■ **Required action**
From the data that follows, print exactly the lines starting at the one containing "(i : Text) (c : ℕ) (now : Moment) (e" and ending at the one containing "round-Expects i c now client_closed"; include both of them and nothing more.
Material supplied: Begin
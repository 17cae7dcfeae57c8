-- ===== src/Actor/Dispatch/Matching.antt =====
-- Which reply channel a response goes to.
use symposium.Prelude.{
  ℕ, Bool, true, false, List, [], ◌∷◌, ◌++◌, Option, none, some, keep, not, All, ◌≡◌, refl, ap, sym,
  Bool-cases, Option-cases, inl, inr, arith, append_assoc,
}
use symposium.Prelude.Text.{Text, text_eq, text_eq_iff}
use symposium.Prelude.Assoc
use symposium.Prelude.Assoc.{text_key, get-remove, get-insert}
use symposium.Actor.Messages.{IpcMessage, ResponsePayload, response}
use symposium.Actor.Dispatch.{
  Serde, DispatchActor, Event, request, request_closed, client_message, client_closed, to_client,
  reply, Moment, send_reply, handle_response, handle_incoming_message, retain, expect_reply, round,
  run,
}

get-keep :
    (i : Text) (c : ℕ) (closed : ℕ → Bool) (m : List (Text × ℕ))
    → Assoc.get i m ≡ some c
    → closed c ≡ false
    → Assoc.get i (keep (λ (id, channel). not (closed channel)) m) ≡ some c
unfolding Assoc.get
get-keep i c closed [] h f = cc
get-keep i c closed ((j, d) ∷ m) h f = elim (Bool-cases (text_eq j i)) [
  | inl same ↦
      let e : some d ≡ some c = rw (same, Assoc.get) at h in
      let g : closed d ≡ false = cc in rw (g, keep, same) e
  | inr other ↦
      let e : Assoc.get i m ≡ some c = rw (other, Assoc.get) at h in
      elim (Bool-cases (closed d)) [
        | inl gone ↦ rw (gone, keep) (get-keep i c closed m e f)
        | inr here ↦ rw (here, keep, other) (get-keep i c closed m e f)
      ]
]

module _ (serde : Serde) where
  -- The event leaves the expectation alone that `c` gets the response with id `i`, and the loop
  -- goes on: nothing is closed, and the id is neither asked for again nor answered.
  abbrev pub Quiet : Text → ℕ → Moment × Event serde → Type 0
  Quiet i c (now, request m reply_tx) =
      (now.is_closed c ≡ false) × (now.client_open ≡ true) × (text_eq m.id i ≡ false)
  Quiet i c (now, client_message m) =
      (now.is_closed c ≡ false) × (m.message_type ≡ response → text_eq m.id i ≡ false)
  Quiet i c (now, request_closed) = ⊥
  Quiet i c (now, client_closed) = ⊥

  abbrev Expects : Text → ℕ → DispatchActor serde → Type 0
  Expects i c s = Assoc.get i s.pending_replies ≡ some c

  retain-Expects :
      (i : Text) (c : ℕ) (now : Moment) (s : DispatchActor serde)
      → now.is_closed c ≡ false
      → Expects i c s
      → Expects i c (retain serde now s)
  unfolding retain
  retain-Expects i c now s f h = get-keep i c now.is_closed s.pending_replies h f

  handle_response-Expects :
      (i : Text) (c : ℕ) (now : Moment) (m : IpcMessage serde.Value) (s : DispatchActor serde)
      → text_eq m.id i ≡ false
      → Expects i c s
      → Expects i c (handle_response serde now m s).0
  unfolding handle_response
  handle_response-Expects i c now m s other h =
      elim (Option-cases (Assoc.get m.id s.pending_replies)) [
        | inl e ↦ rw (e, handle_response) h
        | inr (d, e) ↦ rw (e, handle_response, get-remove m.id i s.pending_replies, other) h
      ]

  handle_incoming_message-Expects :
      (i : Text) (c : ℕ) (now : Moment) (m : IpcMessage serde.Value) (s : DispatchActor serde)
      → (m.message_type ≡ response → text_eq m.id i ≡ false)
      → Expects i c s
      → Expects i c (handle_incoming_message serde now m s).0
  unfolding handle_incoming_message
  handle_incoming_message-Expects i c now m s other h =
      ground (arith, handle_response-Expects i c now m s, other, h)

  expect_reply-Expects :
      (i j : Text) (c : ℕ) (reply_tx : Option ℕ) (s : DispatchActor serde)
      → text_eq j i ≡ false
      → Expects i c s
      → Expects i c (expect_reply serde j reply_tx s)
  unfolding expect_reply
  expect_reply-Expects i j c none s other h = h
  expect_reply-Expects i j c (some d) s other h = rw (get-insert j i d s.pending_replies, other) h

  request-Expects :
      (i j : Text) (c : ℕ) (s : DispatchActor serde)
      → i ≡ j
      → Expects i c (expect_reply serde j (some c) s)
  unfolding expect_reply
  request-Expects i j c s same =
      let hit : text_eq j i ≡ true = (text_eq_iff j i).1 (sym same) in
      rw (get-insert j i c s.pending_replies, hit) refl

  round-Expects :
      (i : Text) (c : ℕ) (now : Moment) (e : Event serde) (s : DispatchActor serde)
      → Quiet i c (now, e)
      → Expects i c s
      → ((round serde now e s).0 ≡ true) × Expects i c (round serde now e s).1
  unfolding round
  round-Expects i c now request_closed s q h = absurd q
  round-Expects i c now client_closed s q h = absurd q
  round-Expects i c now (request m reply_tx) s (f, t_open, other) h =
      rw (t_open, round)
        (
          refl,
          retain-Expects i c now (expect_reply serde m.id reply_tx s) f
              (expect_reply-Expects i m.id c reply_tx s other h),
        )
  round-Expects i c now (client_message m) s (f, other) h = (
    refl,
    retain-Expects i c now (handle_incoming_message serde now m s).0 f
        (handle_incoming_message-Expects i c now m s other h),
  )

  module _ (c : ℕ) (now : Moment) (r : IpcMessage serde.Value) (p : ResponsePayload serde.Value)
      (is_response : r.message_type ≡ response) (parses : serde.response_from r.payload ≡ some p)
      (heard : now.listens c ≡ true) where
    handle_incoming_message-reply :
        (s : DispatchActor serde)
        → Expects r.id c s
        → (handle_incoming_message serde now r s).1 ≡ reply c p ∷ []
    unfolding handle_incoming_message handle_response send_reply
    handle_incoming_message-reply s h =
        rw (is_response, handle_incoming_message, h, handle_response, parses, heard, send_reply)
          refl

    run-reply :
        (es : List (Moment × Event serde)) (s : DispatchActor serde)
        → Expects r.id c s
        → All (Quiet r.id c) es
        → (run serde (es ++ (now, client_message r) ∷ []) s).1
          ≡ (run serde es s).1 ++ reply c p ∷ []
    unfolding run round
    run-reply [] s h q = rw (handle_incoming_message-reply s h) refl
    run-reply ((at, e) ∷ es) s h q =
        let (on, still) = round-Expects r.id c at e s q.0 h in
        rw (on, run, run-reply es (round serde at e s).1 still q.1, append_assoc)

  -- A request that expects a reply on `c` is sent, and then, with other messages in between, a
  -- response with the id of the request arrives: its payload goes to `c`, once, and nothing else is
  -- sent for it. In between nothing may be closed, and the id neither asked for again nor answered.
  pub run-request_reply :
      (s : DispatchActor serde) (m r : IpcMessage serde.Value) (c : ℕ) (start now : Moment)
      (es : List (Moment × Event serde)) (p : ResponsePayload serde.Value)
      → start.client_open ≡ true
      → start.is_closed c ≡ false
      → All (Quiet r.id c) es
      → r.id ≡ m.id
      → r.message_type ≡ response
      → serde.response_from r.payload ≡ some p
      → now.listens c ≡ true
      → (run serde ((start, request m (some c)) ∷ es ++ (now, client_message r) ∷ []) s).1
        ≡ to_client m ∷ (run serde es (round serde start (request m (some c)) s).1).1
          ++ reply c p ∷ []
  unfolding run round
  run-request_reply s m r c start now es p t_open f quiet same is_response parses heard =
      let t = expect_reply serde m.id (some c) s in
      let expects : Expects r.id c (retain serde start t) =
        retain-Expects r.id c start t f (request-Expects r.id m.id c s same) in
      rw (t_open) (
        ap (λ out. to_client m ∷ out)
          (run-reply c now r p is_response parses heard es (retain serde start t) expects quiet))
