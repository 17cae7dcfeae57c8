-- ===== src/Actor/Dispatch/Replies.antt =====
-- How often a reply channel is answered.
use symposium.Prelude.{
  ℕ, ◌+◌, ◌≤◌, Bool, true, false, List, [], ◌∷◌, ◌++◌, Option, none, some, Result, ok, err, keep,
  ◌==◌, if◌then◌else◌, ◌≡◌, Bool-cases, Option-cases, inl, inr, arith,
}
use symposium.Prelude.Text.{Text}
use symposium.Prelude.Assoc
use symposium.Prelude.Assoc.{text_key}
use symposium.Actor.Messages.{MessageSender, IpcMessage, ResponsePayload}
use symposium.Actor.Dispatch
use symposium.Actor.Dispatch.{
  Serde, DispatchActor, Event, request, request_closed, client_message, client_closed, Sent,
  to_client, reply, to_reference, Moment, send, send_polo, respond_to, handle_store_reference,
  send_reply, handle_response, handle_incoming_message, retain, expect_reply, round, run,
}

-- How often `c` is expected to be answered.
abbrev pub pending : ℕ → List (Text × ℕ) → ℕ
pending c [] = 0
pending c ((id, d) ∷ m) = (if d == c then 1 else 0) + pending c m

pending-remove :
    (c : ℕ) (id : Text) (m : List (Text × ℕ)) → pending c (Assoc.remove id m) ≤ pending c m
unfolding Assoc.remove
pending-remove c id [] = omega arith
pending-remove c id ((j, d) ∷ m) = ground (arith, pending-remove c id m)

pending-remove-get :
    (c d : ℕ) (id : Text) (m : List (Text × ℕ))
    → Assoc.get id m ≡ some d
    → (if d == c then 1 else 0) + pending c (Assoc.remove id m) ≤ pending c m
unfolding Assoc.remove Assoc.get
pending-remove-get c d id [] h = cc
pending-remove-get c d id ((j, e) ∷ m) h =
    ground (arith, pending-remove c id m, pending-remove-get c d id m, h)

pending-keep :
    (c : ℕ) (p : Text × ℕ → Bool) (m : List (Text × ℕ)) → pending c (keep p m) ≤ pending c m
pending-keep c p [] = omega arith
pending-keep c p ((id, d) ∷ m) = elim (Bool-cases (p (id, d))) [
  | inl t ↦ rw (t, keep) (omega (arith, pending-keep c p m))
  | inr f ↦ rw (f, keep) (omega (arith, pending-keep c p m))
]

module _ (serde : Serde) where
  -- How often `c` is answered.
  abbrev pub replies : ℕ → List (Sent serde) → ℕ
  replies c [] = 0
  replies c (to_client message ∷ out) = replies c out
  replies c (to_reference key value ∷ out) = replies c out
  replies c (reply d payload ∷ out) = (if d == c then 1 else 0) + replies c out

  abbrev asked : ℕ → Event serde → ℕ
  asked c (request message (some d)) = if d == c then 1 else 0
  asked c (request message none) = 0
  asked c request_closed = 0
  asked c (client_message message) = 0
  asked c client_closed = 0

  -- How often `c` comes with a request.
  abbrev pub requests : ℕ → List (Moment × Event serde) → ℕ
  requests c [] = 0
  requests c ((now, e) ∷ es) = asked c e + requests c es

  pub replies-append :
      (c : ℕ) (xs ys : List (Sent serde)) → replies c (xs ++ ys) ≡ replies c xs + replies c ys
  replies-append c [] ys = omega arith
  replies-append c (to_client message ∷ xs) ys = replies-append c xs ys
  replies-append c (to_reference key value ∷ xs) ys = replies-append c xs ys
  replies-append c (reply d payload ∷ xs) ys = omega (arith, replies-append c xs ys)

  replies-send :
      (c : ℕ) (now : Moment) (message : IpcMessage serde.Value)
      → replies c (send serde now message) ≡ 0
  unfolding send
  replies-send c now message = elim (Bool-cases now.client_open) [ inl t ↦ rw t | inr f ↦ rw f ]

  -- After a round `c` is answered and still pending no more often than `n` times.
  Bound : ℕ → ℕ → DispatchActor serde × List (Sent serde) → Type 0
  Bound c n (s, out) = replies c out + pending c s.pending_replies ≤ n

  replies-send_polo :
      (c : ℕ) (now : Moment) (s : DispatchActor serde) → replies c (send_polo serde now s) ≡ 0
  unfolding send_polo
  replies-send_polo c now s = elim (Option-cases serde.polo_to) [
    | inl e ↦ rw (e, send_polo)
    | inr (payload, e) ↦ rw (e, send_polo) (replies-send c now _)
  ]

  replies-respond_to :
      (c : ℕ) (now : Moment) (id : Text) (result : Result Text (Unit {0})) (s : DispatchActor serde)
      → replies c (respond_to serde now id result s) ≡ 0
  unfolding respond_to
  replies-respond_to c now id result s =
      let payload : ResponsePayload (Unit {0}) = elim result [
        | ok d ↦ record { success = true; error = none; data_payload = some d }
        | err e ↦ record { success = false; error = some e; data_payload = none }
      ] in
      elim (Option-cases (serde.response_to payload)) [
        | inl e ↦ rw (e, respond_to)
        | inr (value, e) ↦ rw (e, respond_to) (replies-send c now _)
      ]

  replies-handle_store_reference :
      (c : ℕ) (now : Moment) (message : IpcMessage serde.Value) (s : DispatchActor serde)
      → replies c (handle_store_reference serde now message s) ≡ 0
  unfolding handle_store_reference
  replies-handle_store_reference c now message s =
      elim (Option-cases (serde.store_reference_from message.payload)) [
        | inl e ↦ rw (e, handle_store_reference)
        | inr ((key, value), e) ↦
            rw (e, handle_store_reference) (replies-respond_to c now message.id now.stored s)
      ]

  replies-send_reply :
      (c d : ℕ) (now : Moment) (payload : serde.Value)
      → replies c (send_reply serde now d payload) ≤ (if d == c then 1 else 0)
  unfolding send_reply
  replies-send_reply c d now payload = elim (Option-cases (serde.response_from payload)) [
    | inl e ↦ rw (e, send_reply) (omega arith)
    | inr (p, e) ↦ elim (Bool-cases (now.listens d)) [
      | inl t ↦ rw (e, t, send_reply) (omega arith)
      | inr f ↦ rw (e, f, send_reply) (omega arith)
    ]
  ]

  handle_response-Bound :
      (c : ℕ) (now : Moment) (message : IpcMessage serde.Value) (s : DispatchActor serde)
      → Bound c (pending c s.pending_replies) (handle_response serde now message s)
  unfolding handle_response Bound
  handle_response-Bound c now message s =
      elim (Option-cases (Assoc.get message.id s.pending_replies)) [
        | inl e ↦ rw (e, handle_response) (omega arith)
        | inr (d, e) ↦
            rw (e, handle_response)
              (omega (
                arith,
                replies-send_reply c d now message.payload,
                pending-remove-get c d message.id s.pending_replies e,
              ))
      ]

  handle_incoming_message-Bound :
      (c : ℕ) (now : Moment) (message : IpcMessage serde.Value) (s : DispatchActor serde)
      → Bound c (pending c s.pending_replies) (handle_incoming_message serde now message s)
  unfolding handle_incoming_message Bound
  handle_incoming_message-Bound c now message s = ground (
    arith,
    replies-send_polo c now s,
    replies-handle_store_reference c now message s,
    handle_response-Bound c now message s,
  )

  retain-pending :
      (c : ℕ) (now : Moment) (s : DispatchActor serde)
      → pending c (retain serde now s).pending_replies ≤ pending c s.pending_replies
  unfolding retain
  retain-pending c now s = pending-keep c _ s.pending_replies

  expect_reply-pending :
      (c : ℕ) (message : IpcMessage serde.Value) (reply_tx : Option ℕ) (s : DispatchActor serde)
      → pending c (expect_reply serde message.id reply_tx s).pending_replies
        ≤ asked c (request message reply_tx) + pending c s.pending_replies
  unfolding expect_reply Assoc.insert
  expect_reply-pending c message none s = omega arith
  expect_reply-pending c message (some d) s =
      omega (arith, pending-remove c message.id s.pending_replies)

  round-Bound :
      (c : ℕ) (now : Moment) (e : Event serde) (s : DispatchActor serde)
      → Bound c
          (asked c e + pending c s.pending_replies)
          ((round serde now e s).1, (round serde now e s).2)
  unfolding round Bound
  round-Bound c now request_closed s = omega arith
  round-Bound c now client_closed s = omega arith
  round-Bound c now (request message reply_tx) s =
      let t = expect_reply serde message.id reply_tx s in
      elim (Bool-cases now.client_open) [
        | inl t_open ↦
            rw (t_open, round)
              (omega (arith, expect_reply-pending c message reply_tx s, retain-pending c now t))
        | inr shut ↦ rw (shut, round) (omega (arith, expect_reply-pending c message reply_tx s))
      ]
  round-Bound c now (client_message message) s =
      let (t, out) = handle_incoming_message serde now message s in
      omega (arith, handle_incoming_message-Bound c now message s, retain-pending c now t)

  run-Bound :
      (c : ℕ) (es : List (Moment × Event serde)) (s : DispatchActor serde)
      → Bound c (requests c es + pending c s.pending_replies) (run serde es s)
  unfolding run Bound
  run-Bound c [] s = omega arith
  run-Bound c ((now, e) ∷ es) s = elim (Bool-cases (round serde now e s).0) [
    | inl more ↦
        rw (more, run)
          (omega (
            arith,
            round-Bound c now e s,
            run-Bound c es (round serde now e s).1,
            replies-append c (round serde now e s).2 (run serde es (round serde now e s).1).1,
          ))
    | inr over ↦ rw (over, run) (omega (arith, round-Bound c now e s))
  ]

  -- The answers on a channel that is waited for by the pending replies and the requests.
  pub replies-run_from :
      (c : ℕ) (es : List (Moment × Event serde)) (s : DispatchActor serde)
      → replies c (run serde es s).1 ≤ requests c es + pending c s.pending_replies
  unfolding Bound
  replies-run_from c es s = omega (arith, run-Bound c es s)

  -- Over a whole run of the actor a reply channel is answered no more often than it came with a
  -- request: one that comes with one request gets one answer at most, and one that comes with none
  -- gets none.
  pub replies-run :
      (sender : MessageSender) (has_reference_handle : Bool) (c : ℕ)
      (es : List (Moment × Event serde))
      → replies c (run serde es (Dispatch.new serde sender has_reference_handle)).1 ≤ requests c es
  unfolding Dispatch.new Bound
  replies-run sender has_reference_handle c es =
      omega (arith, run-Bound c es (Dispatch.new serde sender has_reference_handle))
Material supplied: End
■ **Response to this exercise**
      (i : Text) (c : ℕ) (now : Moment) (e : Event serde) (s : DispatchActor serde)
      → Quiet i c (now, e)
      → Expects i c s
      → ((round serde now e s).0 ≡ true) × Expects i c (round serde now e s).1
  unfolding round
  round-Expects i c now request_closed s q h = absurd q
  round-Expects i c now client_closed s q h = absurd q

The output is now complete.